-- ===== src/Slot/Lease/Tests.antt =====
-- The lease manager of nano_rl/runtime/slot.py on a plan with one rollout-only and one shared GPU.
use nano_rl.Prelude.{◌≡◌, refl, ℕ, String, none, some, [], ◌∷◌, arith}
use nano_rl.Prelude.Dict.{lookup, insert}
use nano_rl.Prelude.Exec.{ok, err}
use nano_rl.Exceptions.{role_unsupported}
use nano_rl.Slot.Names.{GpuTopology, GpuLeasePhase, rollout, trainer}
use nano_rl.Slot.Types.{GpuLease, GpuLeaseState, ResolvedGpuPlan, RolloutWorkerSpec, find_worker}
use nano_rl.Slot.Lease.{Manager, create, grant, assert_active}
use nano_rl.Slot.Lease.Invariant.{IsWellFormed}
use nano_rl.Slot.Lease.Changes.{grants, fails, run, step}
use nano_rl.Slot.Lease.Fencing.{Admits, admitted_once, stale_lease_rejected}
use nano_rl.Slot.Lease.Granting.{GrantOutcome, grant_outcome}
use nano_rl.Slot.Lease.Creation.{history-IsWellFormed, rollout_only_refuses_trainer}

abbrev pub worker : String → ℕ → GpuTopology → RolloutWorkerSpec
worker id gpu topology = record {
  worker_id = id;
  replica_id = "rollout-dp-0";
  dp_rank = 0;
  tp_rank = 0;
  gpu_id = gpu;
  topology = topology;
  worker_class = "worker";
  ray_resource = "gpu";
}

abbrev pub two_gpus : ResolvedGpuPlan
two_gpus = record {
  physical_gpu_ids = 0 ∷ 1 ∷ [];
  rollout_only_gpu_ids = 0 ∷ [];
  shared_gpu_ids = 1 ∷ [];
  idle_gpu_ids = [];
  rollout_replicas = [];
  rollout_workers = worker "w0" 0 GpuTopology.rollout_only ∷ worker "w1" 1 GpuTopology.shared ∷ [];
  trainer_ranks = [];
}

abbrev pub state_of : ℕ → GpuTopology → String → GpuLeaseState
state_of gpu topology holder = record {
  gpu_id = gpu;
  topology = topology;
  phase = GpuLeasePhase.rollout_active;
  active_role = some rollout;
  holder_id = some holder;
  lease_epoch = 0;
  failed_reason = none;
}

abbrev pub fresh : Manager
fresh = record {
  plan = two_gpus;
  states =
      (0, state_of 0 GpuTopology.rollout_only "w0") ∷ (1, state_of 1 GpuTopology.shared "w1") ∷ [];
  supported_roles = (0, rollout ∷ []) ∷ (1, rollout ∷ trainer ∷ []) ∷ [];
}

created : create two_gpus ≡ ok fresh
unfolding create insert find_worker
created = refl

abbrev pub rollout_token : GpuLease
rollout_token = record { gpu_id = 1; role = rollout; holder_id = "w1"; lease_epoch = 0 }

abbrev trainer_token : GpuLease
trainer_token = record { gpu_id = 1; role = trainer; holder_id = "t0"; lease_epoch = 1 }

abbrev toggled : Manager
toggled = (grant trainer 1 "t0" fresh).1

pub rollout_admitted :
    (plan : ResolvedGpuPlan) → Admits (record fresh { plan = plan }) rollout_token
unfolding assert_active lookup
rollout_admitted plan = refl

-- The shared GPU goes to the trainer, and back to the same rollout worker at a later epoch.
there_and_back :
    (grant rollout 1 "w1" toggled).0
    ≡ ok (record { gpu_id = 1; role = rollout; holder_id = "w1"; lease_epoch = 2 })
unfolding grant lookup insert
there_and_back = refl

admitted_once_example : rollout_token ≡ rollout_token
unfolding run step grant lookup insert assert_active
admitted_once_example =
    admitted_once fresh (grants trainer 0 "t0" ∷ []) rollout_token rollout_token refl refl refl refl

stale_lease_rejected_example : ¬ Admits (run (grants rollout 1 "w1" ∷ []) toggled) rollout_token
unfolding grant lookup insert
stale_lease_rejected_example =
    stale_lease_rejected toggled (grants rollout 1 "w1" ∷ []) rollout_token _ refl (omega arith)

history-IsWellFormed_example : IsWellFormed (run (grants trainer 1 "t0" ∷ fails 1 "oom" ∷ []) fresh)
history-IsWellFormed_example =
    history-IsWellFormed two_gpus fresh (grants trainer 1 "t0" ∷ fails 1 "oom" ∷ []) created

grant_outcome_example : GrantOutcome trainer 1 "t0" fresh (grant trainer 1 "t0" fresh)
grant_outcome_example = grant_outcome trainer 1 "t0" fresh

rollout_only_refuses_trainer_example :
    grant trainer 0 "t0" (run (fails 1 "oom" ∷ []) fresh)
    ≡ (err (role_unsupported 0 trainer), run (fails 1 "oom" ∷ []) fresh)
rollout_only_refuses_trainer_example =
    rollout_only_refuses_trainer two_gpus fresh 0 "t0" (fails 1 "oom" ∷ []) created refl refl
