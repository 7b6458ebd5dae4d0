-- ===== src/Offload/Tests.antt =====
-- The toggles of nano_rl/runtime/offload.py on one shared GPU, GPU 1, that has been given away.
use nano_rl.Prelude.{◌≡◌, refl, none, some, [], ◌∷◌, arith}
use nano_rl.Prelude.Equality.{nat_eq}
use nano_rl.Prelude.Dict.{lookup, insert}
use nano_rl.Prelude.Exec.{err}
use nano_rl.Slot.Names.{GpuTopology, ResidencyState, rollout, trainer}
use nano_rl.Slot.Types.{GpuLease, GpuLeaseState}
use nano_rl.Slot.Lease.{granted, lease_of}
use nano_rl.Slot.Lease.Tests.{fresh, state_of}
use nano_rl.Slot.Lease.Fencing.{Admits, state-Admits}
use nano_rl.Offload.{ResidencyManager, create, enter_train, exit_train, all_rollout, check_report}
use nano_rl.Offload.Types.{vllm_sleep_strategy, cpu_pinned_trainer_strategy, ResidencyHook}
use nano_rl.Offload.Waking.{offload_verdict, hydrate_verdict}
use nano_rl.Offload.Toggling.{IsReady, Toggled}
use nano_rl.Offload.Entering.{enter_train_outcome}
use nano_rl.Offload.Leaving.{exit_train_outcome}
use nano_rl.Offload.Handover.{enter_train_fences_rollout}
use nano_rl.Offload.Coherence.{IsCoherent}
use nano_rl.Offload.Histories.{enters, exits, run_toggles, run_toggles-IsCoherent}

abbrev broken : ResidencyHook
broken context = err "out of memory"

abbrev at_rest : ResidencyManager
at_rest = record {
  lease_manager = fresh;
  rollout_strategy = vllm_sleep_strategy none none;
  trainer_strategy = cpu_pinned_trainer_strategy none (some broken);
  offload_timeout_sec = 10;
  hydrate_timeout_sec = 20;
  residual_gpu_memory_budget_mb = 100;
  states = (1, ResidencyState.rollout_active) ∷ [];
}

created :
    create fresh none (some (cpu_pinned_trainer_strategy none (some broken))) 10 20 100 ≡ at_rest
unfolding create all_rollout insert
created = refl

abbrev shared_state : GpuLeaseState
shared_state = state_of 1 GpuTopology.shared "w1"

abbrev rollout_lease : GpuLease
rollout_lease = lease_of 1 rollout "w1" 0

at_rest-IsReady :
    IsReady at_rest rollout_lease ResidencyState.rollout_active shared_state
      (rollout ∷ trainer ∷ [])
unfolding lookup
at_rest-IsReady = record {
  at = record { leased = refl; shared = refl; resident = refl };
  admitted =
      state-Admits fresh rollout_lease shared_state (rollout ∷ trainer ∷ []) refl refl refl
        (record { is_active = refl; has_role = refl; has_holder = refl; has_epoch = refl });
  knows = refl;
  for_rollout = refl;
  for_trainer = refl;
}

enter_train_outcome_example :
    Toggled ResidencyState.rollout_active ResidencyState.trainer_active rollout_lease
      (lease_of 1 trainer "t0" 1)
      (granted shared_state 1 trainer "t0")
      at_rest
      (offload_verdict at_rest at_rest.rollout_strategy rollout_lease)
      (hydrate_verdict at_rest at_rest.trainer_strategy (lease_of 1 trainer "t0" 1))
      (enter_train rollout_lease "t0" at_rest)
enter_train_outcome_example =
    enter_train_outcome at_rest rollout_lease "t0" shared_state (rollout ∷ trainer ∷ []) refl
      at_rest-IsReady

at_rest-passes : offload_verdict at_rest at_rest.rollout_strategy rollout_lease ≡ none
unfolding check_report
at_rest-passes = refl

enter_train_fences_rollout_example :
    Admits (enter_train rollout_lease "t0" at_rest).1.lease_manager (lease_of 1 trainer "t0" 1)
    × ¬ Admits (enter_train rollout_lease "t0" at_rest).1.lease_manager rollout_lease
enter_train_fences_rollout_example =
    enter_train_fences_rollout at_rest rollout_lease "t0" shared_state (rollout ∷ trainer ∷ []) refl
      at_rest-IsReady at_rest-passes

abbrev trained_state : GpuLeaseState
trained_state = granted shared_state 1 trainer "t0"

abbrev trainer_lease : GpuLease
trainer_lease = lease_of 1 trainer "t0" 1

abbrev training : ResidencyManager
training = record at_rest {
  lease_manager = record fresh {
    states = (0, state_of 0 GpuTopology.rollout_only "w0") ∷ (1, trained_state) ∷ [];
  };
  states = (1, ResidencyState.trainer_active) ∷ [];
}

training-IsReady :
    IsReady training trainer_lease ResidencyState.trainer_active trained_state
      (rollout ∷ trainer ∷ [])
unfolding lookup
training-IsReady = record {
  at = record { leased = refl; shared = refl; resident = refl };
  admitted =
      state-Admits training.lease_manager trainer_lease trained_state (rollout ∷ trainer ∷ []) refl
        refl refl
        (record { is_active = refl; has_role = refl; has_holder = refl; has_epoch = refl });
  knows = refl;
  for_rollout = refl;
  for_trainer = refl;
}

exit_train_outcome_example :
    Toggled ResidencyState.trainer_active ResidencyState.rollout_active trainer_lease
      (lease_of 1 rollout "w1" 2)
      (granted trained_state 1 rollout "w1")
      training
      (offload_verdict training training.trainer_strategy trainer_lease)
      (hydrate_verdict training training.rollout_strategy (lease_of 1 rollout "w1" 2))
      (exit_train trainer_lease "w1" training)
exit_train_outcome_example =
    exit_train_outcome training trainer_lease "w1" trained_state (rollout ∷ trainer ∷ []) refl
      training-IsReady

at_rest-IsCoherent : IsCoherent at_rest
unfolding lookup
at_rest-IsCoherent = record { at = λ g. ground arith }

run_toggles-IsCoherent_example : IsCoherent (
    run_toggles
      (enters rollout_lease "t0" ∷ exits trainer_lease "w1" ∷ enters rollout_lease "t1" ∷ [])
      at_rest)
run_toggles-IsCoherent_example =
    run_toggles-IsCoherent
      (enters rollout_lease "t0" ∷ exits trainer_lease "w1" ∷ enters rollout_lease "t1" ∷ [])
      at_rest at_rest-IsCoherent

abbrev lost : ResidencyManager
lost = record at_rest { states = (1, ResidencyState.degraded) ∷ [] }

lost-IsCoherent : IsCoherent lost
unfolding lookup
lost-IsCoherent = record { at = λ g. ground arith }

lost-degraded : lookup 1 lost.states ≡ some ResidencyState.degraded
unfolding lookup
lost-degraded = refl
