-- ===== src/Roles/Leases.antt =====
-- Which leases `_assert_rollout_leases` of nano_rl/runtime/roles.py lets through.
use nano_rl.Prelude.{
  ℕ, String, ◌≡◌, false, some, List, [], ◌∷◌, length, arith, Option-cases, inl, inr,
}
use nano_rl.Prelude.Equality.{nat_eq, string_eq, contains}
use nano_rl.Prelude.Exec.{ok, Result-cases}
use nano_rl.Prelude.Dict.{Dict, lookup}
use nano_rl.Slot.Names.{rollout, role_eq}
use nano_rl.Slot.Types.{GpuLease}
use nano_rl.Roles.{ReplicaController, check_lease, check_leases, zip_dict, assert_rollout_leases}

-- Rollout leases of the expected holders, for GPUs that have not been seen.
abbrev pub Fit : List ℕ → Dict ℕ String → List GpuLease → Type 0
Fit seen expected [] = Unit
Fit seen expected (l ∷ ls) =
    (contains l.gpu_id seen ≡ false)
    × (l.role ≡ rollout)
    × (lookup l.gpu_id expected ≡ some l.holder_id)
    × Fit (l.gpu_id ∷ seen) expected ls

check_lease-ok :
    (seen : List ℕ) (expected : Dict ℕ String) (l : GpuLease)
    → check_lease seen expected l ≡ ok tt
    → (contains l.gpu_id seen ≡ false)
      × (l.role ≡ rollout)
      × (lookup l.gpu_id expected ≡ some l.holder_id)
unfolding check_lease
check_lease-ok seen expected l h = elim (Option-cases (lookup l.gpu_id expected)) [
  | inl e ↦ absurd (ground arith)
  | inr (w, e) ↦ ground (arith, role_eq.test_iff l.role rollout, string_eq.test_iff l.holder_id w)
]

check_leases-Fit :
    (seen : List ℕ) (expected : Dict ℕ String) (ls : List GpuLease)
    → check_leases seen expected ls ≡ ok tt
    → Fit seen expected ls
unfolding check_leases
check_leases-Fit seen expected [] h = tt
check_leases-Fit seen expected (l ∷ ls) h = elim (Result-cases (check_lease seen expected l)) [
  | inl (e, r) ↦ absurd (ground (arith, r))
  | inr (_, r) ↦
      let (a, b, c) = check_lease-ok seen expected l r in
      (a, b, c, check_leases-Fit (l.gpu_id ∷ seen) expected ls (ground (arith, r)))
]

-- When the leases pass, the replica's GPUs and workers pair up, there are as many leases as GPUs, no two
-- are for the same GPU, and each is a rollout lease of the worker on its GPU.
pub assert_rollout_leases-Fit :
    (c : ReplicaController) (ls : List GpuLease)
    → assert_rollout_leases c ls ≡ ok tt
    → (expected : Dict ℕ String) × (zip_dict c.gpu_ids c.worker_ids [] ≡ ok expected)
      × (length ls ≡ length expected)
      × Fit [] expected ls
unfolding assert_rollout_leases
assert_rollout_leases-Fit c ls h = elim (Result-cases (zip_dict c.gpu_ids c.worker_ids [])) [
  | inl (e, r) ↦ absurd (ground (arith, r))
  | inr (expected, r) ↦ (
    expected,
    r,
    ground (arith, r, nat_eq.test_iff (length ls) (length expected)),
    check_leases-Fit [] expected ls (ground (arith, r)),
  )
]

=-=-=

WHAT TO PRODUCE
Reproduce word for word the material above, starting with the line that has "trainer_strategy = cpu_pinned_trainer_strategy" and stopping after the line that has "abbrev rollout_lease : GpuLease".

TASK ANSWER
  trainer_strategy = cpu_pinned_trainer_strategy none (some broken);
  offload_timeout_sec = 10;
  hydrate_timeout_sec = 20;
  residual_gpu_memory_budget_mb = 100;
  states = (1, ResidencyState.rollout_active) ∷ [];
}

created :
    create fresh none (some (cpu_pinned_trainer_strategy none (some broken))) 10 20 100 ≡ at_rest
unfolding create all_rollout insert
created = refl

abbrev shared_state : GpuLeaseState
shared_state = state_of 1 GpuTopology.shared "w1"

abbrev rollout_lease : GpuLease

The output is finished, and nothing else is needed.